Installing an SSB isn 't difficult, but getting it to work well can be downright impossible at times! The installation itself is relatively straightforward - but you 'll need an antenna solution and a ground plane solution...
The most common antenna solution would be your backstay - so if you don 't have isolators at top and bottom of the backstay, you 'd need to have them installed. I 'm guessing this could be expensive and something that should be done by a rigging expert. An alternative would be a long whip antenna, but I 'm not sure how well these work for SSB...
Everything else is in my opinion best done by yourself - because it 's YOU that 's going to have to fine tune the details in order to get best reception and transmission.
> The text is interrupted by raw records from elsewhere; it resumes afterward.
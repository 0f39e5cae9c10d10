-- ===== src/Tests.antt =====
-- One world in which the program can run, tests of the definitions in it, and each theorem that has
-- hypotheses at an input where they hold.
mod World
mod Input
mod Net
mod Mdns
mod Program
mod Client
mod Together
The good news is that it 's relatively simple - but best to follow the instructions!
The Ground plane (counterpoise) solution used to require a load of copper foil and copper mesh all over the boat - not easy - but these days there 's a good (not perfect) solution - a KISS counterpoise which is extremely easy to install.
Most new SSB 's are Icom 801/802 - as far as I know they are the same - but I guess it 's possible that the UK version may come with fewer pre-programmed stations - but you should be able to program them all...
Once installed, the difficulties start - trying to improve upon the reception. You need to identify and isolate all the electrical noise generators in the boat... this can take time and patience!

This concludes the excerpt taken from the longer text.